§ Dataset excerpts
====
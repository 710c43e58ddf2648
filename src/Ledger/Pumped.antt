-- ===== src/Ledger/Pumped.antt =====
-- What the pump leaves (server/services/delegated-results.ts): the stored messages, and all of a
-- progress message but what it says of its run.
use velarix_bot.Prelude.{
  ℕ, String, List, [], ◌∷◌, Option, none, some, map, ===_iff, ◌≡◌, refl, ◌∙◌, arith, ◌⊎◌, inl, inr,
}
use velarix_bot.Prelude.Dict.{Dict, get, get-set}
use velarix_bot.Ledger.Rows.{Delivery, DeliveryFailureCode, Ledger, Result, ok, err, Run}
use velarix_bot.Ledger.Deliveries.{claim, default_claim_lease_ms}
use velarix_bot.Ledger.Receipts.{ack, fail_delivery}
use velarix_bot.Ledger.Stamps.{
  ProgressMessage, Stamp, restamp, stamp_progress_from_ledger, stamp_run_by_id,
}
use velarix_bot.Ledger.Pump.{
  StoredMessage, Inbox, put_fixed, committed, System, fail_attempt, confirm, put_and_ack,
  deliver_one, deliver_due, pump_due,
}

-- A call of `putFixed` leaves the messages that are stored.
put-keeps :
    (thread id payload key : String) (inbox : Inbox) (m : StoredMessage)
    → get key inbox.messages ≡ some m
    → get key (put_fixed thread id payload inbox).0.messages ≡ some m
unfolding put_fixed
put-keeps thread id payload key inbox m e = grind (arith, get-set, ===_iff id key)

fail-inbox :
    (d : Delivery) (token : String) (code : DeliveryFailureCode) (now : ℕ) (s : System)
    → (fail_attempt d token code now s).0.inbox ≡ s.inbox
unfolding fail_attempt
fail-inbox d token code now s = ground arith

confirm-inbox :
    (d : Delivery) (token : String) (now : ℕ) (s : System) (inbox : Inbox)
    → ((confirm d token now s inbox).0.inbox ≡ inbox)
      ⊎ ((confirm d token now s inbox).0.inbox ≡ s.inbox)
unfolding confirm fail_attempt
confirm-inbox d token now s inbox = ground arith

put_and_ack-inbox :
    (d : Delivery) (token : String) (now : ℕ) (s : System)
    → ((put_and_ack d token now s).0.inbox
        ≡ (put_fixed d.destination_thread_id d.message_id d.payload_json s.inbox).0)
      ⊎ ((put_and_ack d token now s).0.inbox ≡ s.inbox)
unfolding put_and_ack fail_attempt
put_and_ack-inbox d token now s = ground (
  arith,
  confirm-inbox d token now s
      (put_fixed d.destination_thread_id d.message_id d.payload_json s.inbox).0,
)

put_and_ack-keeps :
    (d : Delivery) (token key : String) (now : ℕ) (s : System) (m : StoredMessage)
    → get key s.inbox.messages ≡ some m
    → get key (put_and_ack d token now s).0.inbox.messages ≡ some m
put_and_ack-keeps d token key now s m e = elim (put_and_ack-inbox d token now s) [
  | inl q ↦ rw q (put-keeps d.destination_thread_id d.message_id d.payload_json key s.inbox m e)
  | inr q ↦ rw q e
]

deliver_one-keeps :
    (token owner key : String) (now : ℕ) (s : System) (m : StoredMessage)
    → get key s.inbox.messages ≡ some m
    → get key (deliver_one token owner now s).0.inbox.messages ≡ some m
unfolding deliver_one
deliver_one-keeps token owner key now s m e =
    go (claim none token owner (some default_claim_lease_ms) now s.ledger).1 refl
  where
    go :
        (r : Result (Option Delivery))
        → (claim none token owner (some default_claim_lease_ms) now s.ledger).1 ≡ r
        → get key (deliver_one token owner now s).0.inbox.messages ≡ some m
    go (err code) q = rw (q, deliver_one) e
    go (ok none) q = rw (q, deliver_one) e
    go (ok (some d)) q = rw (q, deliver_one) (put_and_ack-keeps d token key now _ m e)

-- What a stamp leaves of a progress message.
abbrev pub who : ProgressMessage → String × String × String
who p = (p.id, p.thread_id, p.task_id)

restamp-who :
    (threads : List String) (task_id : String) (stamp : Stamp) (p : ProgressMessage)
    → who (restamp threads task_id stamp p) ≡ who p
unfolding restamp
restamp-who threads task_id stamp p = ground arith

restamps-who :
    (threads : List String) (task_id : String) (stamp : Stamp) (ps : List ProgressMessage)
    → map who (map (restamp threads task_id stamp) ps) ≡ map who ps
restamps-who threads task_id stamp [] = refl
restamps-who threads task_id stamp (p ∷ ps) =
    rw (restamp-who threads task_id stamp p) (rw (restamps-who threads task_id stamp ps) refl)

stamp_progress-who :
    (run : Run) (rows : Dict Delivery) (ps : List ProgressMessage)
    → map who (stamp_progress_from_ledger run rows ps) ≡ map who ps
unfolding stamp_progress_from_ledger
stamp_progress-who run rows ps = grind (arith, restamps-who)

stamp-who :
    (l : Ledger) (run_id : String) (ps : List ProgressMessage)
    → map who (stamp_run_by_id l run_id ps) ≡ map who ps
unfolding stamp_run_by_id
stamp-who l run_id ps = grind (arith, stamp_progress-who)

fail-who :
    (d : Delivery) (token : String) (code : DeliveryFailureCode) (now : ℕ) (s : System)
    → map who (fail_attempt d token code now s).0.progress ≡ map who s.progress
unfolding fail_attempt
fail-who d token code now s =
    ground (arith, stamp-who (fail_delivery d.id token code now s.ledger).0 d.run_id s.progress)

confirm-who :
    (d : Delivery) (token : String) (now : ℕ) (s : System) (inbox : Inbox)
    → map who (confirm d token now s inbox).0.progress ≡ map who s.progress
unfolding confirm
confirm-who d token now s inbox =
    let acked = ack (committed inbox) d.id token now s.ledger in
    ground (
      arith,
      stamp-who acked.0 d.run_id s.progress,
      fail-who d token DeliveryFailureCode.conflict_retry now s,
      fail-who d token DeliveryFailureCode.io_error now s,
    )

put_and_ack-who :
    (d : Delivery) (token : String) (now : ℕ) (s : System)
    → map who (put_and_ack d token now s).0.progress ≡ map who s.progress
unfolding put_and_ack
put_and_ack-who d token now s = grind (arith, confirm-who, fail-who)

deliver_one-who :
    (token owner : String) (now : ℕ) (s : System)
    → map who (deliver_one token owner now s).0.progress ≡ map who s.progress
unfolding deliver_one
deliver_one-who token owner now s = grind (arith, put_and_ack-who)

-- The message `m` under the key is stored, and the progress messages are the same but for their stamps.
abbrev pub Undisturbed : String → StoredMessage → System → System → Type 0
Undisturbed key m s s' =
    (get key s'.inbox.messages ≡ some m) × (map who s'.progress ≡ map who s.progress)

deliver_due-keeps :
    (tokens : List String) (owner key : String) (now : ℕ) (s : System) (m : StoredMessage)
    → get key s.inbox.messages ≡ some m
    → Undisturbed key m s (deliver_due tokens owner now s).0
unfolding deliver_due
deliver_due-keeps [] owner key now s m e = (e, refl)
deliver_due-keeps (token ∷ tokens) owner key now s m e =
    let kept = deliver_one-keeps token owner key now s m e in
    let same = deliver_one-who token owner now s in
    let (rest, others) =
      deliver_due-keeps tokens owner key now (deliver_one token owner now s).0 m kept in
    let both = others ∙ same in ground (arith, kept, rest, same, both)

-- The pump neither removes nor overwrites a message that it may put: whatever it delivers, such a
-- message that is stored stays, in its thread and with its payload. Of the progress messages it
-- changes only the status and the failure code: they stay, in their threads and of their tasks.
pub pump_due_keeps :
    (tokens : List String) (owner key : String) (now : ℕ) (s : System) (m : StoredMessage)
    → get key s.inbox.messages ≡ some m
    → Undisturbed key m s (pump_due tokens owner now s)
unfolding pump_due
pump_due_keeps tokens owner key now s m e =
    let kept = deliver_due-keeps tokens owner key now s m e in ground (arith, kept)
====
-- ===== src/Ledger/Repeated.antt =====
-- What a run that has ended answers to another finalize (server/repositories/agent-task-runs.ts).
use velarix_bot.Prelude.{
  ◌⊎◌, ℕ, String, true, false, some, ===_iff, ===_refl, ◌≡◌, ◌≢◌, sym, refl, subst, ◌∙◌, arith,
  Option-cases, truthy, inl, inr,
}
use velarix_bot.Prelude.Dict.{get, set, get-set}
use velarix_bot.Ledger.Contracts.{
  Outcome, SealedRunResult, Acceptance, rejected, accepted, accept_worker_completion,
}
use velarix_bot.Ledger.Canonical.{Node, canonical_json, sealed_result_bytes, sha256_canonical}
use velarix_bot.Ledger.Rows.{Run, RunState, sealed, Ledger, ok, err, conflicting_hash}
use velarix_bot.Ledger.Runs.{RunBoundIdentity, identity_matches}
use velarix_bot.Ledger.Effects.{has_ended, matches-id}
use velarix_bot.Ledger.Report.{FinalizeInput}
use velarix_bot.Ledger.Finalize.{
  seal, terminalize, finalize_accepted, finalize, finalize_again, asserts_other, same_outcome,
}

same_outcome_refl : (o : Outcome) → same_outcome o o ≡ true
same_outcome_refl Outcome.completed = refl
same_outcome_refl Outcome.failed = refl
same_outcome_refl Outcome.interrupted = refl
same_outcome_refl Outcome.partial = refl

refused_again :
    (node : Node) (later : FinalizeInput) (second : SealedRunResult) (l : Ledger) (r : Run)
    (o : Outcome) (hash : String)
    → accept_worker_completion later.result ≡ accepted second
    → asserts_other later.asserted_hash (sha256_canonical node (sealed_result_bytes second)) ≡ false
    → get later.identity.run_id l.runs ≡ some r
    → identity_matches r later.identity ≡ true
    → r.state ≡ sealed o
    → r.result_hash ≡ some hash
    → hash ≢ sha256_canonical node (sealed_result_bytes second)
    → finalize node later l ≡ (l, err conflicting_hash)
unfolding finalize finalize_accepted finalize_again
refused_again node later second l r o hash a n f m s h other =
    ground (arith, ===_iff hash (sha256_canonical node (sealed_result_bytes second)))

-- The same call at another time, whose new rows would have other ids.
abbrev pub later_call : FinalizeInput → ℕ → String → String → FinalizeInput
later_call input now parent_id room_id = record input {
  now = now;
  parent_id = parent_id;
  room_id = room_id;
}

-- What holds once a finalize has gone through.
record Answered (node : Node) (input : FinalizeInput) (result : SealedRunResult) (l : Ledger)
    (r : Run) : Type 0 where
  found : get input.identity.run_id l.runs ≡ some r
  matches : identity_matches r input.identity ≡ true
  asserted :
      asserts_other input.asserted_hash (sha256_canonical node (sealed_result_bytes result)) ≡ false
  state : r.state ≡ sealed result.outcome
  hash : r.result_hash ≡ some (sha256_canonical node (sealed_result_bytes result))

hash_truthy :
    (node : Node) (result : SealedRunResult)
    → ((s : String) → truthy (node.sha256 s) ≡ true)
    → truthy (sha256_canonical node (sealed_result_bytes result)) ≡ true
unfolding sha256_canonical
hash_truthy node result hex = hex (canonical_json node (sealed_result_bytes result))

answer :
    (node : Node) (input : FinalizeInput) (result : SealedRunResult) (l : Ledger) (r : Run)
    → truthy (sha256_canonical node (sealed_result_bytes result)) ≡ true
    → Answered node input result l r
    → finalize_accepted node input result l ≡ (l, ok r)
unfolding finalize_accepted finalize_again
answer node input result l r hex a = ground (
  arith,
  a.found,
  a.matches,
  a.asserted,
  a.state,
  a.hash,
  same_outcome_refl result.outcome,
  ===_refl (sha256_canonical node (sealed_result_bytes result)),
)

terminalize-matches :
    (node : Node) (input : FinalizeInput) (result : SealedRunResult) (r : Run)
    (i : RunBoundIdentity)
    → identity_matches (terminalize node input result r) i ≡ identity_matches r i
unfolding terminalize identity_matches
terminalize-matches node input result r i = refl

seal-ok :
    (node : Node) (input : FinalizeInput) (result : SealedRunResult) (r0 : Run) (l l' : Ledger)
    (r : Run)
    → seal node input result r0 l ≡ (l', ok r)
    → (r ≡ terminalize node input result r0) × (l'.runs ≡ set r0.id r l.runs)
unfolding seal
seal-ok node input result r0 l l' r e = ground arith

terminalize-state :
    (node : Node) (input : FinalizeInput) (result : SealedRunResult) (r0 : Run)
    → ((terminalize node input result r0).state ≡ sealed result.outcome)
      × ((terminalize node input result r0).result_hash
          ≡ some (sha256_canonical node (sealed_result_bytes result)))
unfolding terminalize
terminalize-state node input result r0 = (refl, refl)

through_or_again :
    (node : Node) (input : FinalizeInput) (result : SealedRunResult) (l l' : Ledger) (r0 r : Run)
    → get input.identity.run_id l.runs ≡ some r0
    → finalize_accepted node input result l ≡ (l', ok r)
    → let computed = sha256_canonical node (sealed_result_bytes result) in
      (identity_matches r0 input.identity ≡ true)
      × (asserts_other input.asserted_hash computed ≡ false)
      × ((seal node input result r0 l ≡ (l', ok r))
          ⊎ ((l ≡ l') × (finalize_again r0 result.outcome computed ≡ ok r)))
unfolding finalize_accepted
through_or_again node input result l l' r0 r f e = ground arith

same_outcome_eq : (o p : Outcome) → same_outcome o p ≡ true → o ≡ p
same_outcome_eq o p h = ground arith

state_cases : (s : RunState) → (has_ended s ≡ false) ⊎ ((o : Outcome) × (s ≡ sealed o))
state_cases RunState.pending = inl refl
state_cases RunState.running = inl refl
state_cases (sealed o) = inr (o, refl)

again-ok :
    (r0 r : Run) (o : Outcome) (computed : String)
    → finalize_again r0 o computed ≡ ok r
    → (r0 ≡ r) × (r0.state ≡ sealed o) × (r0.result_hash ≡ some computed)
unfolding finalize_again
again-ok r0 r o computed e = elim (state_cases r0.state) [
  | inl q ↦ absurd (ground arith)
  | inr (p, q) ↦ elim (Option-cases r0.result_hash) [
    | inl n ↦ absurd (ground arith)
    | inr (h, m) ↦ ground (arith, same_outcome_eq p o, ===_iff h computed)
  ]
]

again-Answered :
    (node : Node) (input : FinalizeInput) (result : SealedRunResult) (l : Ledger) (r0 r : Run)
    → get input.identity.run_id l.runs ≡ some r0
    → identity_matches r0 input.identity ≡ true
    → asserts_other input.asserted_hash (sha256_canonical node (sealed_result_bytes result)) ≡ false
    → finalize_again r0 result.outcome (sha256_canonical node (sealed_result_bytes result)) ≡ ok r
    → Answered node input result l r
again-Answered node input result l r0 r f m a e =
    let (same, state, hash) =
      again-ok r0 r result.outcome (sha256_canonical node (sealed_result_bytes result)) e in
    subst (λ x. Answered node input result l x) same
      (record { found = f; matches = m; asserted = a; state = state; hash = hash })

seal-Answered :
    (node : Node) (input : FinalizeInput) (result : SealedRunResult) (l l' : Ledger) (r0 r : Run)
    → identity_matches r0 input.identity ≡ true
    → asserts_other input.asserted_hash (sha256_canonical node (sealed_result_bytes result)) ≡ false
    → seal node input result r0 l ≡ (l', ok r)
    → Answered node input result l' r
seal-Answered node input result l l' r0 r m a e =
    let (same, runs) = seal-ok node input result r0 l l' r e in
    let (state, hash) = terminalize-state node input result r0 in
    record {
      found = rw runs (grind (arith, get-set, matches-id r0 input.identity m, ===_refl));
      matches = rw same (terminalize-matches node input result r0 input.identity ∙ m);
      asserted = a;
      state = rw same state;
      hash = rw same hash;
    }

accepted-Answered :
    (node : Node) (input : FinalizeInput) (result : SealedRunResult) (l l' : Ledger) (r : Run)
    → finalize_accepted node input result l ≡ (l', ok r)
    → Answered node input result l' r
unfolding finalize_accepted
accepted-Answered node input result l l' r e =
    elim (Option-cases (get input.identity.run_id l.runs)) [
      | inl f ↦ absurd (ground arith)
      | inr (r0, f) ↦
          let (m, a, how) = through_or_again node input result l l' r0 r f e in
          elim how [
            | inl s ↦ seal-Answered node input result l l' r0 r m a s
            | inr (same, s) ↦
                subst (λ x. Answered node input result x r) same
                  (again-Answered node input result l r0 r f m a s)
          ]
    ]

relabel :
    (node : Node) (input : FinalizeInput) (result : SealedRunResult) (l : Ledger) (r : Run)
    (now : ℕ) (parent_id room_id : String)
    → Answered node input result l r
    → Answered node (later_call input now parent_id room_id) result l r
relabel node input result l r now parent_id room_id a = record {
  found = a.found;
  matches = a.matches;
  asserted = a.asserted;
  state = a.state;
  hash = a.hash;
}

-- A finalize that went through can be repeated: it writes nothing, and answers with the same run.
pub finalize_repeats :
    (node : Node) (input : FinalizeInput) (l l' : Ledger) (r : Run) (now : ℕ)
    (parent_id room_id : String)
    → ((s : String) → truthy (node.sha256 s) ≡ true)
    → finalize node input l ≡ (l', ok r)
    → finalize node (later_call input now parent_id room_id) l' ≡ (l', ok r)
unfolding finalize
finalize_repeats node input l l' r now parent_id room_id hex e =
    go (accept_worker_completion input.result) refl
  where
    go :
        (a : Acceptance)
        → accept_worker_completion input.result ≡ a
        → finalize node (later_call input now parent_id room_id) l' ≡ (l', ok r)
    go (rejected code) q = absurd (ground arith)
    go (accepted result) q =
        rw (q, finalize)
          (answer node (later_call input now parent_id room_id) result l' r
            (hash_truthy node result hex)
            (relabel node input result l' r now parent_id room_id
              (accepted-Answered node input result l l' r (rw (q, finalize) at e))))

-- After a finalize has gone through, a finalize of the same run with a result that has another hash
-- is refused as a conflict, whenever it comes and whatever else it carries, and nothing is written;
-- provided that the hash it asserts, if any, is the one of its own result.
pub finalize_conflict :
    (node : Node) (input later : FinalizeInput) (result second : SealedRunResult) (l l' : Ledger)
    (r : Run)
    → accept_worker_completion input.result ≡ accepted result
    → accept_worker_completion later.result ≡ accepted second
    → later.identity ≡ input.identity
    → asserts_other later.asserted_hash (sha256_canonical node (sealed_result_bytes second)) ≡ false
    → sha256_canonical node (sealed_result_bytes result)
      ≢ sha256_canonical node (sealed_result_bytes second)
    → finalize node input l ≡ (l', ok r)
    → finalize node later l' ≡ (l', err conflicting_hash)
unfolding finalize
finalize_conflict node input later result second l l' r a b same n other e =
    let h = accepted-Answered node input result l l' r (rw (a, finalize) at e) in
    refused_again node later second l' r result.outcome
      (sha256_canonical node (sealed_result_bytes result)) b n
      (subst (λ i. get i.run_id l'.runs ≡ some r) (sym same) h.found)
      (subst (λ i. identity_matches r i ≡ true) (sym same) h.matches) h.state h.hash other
====
§ WORK TO COMPLETE
Going through the records above line by line, count those that hold the word "relabel", and answer with the number only.

§ EXERCISE RESULT
3